##### SOURCE MATERIAL

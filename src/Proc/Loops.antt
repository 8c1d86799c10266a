-- ===== src/Proc/Loops.antt =====
-- What the loops over the process table do to each entry.
use os.Prelude.{
  ℕ, zero, suc, ◌+◌, ◌<◌, ◌≤◌, ◌≡◌, ◌≢◌, ◌⊎◌, inl, inr, refl, ◌∙◌, true, false, not, ◌&&◌, ◌==◌,
  ltb, leb, if◌then◌else◌, arith, Bool-cases, ==_iff,
}
use os.Proc.{
  Proc, Table, nproc, sleeping, runnable, ptr, set_proc, wakeup_loop, wakeup, reparent_loop,
  reparent,
}

-- entry `k` after wakeup()
abbrev pub woken : ℕ → ℕ → ℕ → Proc → Proc
woken me chan k p =
    if not (ptr k == me) && p.state == sleeping && p.chan == chan
    then record p { state = runnable }
    else p

wakeup_loop-proc :
    (me chan left i : ℕ) (t : Table) (k : ℕ)
    → (wakeup_loop me chan left i t).proc k
      ≡ (if leb i k && ltb k (i + left) then woken me chan k (t.proc k) else t.proc k)
unfolding wakeup_loop
wakeup_loop-proc me chan zero i t k = ground arith
wakeup_loop-proc me chan (suc left) i t k = wakeup_loop-proc me chan left (i + 1) _ k ∙ ground arith

wakeup_loop-rest :
    (me chan left i : ℕ) (t : Table)
    → ((wakeup_loop me chan left i t).next_pid ≡ t.next_pid)
      × ((wakeup_loop me chan left i t).init ≡ t.init)
unfolding wakeup_loop
wakeup_loop-rest me chan zero i t = (refl, refl)
wakeup_loop-rest me chan (suc left) i t =
    let ih = wakeup_loop-rest me chan left (i + 1) _ in (ih.0 ∙ ground arith, ih.1 ∙ ground arith)

-- wakeup() makes the processes that sleep on the channel runnable, but for the caller, and changes
-- nothing else.
pub wakeup-proc :
    (me chan : ℕ) (t : Table) (k : ℕ)
    → k < nproc
    → (wakeup me chan t).proc k ≡ woken me chan k (t.proc k)
unfolding wakeup
wakeup-proc me chan t k lt = wakeup_loop-proc me chan nproc 0 t k ∙ ground arith

pub wakeup-rest :
    (me chan : ℕ) (t : Table)
    → ((wakeup me chan t).next_pid ≡ t.next_pid) × ((wakeup me chan t).init ≡ t.init)
unfolding wakeup
wakeup-rest me chan t = wakeup_loop-rest me chan nproc 0 t

-- What reparent() has done from entry `i` on, `left` entries: the children of `me` in that range
-- have the parent `init`, and if there is one, `init` does not sleep on its own address.
pub record Reparented (me i left : ℕ) (t u : Table) : Type 0 where
  pub next_pid : u.next_pid ≡ t.next_pid
  pub init : u.init ≡ t.init
  pub parents :
      (k : ℕ)
      → k < nproc
      → (u.proc k).parent ≡ (
          if leb i k && ltb k (i + left) && ((t.proc k).parent == me)
          then t.init
          else (t.proc k).parent)
  pub pids : (k : ℕ) → k < nproc → (u.proc k).pid ≡ (t.proc k).pid
  pub chans : (k : ℕ) → k < nproc → (u.proc k).chan ≡ (t.proc k).chan
  pub kills : (k : ℕ) → k < nproc → (u.proc k).killed ≡ (t.proc k).killed
  pub states :
      (k : ℕ)
      → k < nproc
      → ((u.proc k).state ≡ (t.proc k).state)
        ⊎ (((t.proc k).state ≡ sleeping)
            × (ptr k ≢ me)
            × ((t.proc k).chan ≡ t.init)
            × ((u.proc k).state ≡ runnable))
  pub init_woken :
      (j k : ℕ)
      → i ≤ j
      → j < i + left
      → j < nproc
      → k < nproc
      → (t.proc j).parent ≡ me
      → ptr k ≢ me
      → (t.proc k).state ≡ sleeping
      → (t.proc k).chan ≡ t.init
      → (u.proc k).state ≡ runnable

-- the round of entry `i` when it is a child
abbrev adopt : ℕ → ℕ → Table → Table
adopt me i t = wakeup me t.init (set_proc t i (record (t.proc i) { parent = t.init }))

module _ (me i : ℕ) (t : Table) where
  adopt-proc :
      (k : ℕ)
      → k < nproc
      → (adopt me i t).proc k
        ≡ woken me t.init k (if k == i then record (t.proc k) { parent = t.init } else t.proc k)
  adopt-proc k lt = wakeup-proc me t.init _ k lt ∙ elim (Bool-cases (k == i)) [
    | inl e ↦ rw ((==_iff k i).0 e) (ground arith)
    | inr e ↦ rw e refl
  ]

  adopt-init : (adopt me i t).init ≡ t.init
  adopt-init = (wakeup-rest me t.init (set_proc t i (record (t.proc i) { parent = t.init }))).1

  adopt-parent :
      (k : ℕ)
      → k < nproc
      → ((adopt me i t).proc k).parent ≡ (if k == i then t.init else (t.proc k).parent)
  adopt-parent k lt = rw (adopt-proc k lt) (ground arith)

  adopt-pid : (k : ℕ) → k < nproc → ((adopt me i t).proc k).pid ≡ (t.proc k).pid
  adopt-pid k lt = rw (adopt-proc k lt) (ground arith)

  adopt-chan : (k : ℕ) → k < nproc → ((adopt me i t).proc k).chan ≡ (t.proc k).chan
  adopt-chan k lt = rw (adopt-proc k lt) (ground arith)

  adopt-killed : (k : ℕ) → k < nproc → ((adopt me i t).proc k).killed ≡ (t.proc k).killed
  adopt-killed k lt = rw (adopt-proc k lt) (ground arith)

  adopt-state :
      (k : ℕ)
      → k < nproc
      → ((adopt me i t).proc k).state ≡ (
          if not (ptr k == me) && (t.proc k).state == sleeping && (t.proc k).chan == t.init
          then runnable
          else (t.proc k).state)
  adopt-state k lt = rw (adopt-proc k lt) (ground arith)

  skipped :
      {left : ℕ} {u : Table}
      → ((t.proc i).parent == me) ≡ false
      → Reparented me (i + 1) left t u
      → Reparented me i (suc left) t u
  skipped other q = record {
    next_pid = q.next_pid;
    init = q.init;
    parents = λ k lt. q.parents k lt ∙ elim (Bool-cases (k == i)) [
      | inl e ↦ rw ((==_iff k i).0 e) (ground arith)
      | inr e ↦ ground arith
    ];
    pids = q.pids;
    chans = q.chans;
    kills = q.kills;
    states = q.states;
    init_woken = λ j k lo hi lj lk p ne s c. elim (Bool-cases (j == i)) [
      | inl e ↦ absurd (ground arith)
      | inr e ↦ q.init_woken j k (ground arith) (omega arith) lj lk p ne s c
    ];
  }

  adopted :
      {left : ℕ} {u : Table}
      → ((t.proc i).parent == me) ≡ true
      → Reparented me (i + 1) left (adopt me i t) u
      → Reparented me i (suc left) t u
  adopted child q = record {
    next_pid = q.next_pid ∙ (wakeup-rest me t.init _).0;
    init = q.init ∙ adopt-init;
    parents = λ k lt. q.parents k lt ∙ elim (Bool-cases (k == i)) [
      | inl e ↦ ground (arith, adopt-parent k lt, adopt-init)
      | inr e ↦ ground (arith, adopt-parent k lt, adopt-init)
    ];
    pids = λ k lt. q.pids k lt ∙ adopt-pid k lt;
    chans = λ k lt. q.chans k lt ∙ adopt-chan k lt;
    kills = λ k lt. q.kills k lt ∙ adopt-killed k lt;
    states = λ k lt. ground (arith, q.states k lt, adopt-state k lt, adopt-chan k lt, adopt-init);
    init_woken = λ j k lo hi lj lk p ne s c. elim (Bool-cases (j == i)) [
      | inl e ↦ ground (arith, q.states k lk, adopt-state k lk)
      | inr e ↦ ground (
        arith,
        q.states k lk,
        adopt-state k lk,
        q.init_woken j k (ground arith) (omega arith) lj lk,
        adopt-parent j lj,
        adopt-chan k lk,
        adopt-init,
      )
    ];
  }

reparent_loop-Reparented :
    (me left i : ℕ) (t : Table) → Reparented me i left t (reparent_loop me left i t)
unfolding reparent_loop
reparent_loop-Reparented me zero i t = record {
  next_pid = refl;
  init = refl;
  parents = λ k lt. ground arith;
  pids = λ k lt. refl;
  chans = λ k lt. refl;
  kills = λ k lt. refl;
  states = λ k lt. inl refl;
  init_woken = λ j k lo hi lj lk p ne s c. absurd (omega arith);
}
reparent_loop-Reparented me (suc left) i t = elim (Bool-cases ((t.proc i).parent == me)) [
  | inr other ↦ rw other (skipped me i t other (reparent_loop-Reparented me left (i + 1) t))
  | inl child ↦
      rw child (adopted me i t child (reparent_loop-Reparented me left (i + 1) (adopt me i t)))
]

pub reparent-Reparented : (me : ℕ) (t : Table) → Reparented me 0 nproc t (reparent me t)
unfolding reparent
reparent-Reparented me t = reparent_loop-Reparented me nproc 0 t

##########

Using the material above, transcribe exactly the lines from the line with "(me chan left i : ℕ) (t : Table) (k : ℕ)" to the line with "(u.proc k).parent ≡"; both count, and nothing else goes in.

    (me chan left i : ℕ) (t : Table) (k : ℕ)
    → (wakeup_loop me chan left i t).proc k
      ≡ (if leb i k && ltb k (i + left) then woken me chan k (t.proc k) else t.proc k)
unfolding wakeup_loop
wakeup_loop-proc me chan zero i t k = ground arith
wakeup_loop-proc me chan (suc left) i t k = wakeup_loop-proc me chan left (i + 1) _ k ∙ ground arith

wakeup_loop-rest :
    (me chan left i : ℕ) (t : Table)
    → ((wakeup_loop me chan left i t).next_pid ≡ t.next_pid)
      × ((wakeup_loop me chan left i t).init ≡ t.init)
unfolding wakeup_loop
wakeup_loop-rest me chan zero i t = (refl, refl)
wakeup_loop-rest me chan (suc left) i t =
    let ih = wakeup_loop-rest me chan left (i + 1) _ in (ih.0 ∙ ground arith, ih.1 ∙ ground arith)

-- wakeup() makes the processes that sleep on the channel runnable, but for the caller, and changes
-- nothing else.
pub wakeup-proc :
    (me chan : ℕ) (t : Table) (k : ℕ)
    → k < nproc
    → (wakeup me chan t).proc k ≡ woken me chan k (t.proc k)
unfolding wakeup
wakeup-proc me chan t k lt = wakeup_loop-proc me chan nproc 0 t k ∙ ground arith

pub wakeup-rest :
    (me chan : ℕ) (t : Table)
    → ((wakeup me chan t).next_pid ≡ t.next_pid) × ((wakeup me chan t).init ≡ t.init)
unfolding wakeup
wakeup-rest me chan t = wakeup_loop-rest me chan nproc 0 t

-- What reparent() has done from entry `i` on, `left` entries: the children of `me` in that range
-- have the parent `init`, and if there is one, `init` does not sleep on its own address.
pub record Reparented (me i left : ℕ) (t u : Table) : Type 0 where
  pub next_pid : u.next_pid ≡ t.next_pid
  pub init : u.init ≡ t.init
  pub parents :
      (k : ℕ)
      → k < nproc
      → (u.proc k).parent ≡ (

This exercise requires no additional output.